Cheap oil fuels other parts of the world economy
John Reilly | MarketWatch
The crash in the price of oil — from $108 a barrel in June 2014 to below $27 earlier this year — has rattled the stock market, triggered layoffs across the energy sector, and plunged many oil producing countries into crisis.
Oil has since rebounded significantly from its lows, to above $40 a barrel, but the price plunge since 2014 has put much pressure on oil companies. Reports have pointed to an increase in debt among oil producers, raising the specter of default on bankruptcy and default on debt, with follow-on effects beyond oil producers.
The upheaval also has sparked fears that oil’s troubles will spread across the globe, echoing the crash in U.S. housing markets that pushed the world economy to the brink of collapse in 2008. Yet despite the woes oil is experiencing, it is unlikely that the repercussions will trigger another global financial crisis.
Looking at the numbers, the mortgage-debt crisis dwarfs what is currently happening in oil. According to a report in the Financial Times, the global oil and gas industry’s debts rose to $3 trillion from $1.1 trillion between 2006 and 2014. Compare that to the $10 trillion of housing debt weighing on Americans in 2008.
Aside from the numbers, the impact will be different because of the nature of the oil industry and the role oil plays in the world economy. Boom and bust have been features of the oil business for many years. Companies that have been around for a while understand this, and have learned to adapt. Responding to earlier crises, they made significant cuts and improved efficiency. Because they run lean operations, these companies are better prepared to weather downturns. Also, the major players in the oil industry are not highly leveraged, and thus we have not seen anything like the cascade of failures among lenders and suppliers that made the housing bust so damaging.
It is also important to note that the marginal cost of extracting oil from the ground is relatively low once the initial cost of developing a field is sunk. Even if prices are low, companies can continue to make money. It won’t be as much as they would make in good times, but the businesses can still generate revenue and profits. When oil companies cut back, they halt or delay investments in new fields, but their existing wells continue to produce.
Although some smaller or newer oil companies have been forced out of business by the price collapse, the larger, established players are unlikely candidates for bankruptcy. What tends to happen in the oil business is consolidation, which has been a feature of the industry for nearly two decades: look at Exxon XOM, +0.71% and Mobil; Chevron CVX, +0.39% and Texaco; BP BP, -1.46% and Amoco, and other mergers that occurred in the 1990s and early 2000s — another time when oil prices were extremely low.
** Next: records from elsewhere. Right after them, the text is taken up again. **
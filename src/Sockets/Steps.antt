-- ===== src/Sockets/Steps.antt =====
-- internal/service/websocket_manager.go: the interleavings of the goroutines, as sequences of the
-- sections that each of them runs.
use neo_nect_server.Base.{ℕ, suc, String, some, ◌≡◌, lookup, nat_eq}
use neo_nect_server.Sockets.{
  Manager, init, acquire, upgrade_failed, install, finish, close, drop, disconnect_device,
  take_sessions, close_next,
}

-- One section of any goroutine. A handler acquires, upgrades, and installs its connection or gives
-- up; it finishes when `ReadMessage` fails. A heartbeat may close any connection, and a delivery
-- that failed drops a session that it looked up before.
pub data Step (max : ℕ) : Manager → Manager → Type 0 where
  acquired : {m m' : Manager} → acquire max m ≡ some m' → Step max m m'
  failed : {m : Manager} (n : ℕ) → m.upgrading ≡ suc n → Step max m (upgrade_failed m)
  installed :
      {m : Manager} (n : ℕ) (device_id : String)
      → m.upgrading ≡ suc n
      → Step max m (install device_id m)
  finished :
      {m : Manager} (device_id : String) (conn : ℕ)
      → lookup conn m.serving ≡ some device_id
      → Step max m (finish device_id conn m)
  heartbeat_failed : {m : Manager} (conn : ℕ) → Step max m (close conn m)
  delivery_failed :
      {m : Manager} (device_id : String) (conn : ℕ) → Step max m (drop device_id conn m)
  disconnected : {m : Manager} (device_id : String) → Step max m (disconnect_device device_id m)
  sessions_taken : {m : Manager} → Step max m (take_sessions m)
  next_closed : {m : Manager} → Step max m (close_next m)

-- The states that the manager comes to from `NewWebSocketManager`.
pub data Reachable (max : ℕ) : Manager → Type 0 where
  new : Reachable max init
  step : {m m' : Manager} → Reachable max m → Step max m m' → Reachable max m'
That round of mergers and acquisitions reduced the number of companies considerably, and so room for further consolidation may be limited. Also, many of the remaining companies are state-owned or state-controlled and thus not candidates for acquisition or merger unless governments that owned them decided to privatize the assets — an unlikely scenario. But smaller operators with potentially valuable mineral rights will become candidates for acquisition by cash-rich larger companies.
When weighing the fallout from the oil price collapse, it is important to remember that whatever direction oil prices move, there will be winners and losers. While today the oil industry struggles, other industries, including transportation and manufacturing, are enjoying the benefits of low-cost oil. The fortunes of regions also rise and fall with the price of oil. When the price is high, Texas booms and New England struggles. Falling prices bring the reverse.
Perhaps the most serious consequence of today’s cheap oil is the damage done to governments that rely heavily on tax revenue from oil production. Many of the big oil-producing countries depend heavily on oil revenue to deliver basic services. With the collapse in prices, governments have to cut support for everything from medical care to housing to road repair. Tight budgets, in turn, can fuel political unrest, which may destabilize governments.
The damage to governments is easy to see in Venezuela, Nigeria, and Russia. But it also is apparent in wealthy countries such as Saudi Arabia, which has had to trim its domestic budget and pull back on investment outside of the country. Foreign nationals who traditionally have made up a large part of the Saudi work force may find less opportunity there, which creates a spillover effect in their home countries.
But for most of the world, assessing the effects of the oil price collapse is a process of calculating the many pluses and minuses. Oil industry workers may have much lighter paychecks these days, but consumers have a bit more in their wallets after filling the gas tank.
John Reilly is a senior lecturer at the MIT Sloan School of Management and co-director of the MIT Joint Program on the Science and Policy of Global Change, Center for Energy and Environmental Policy Research.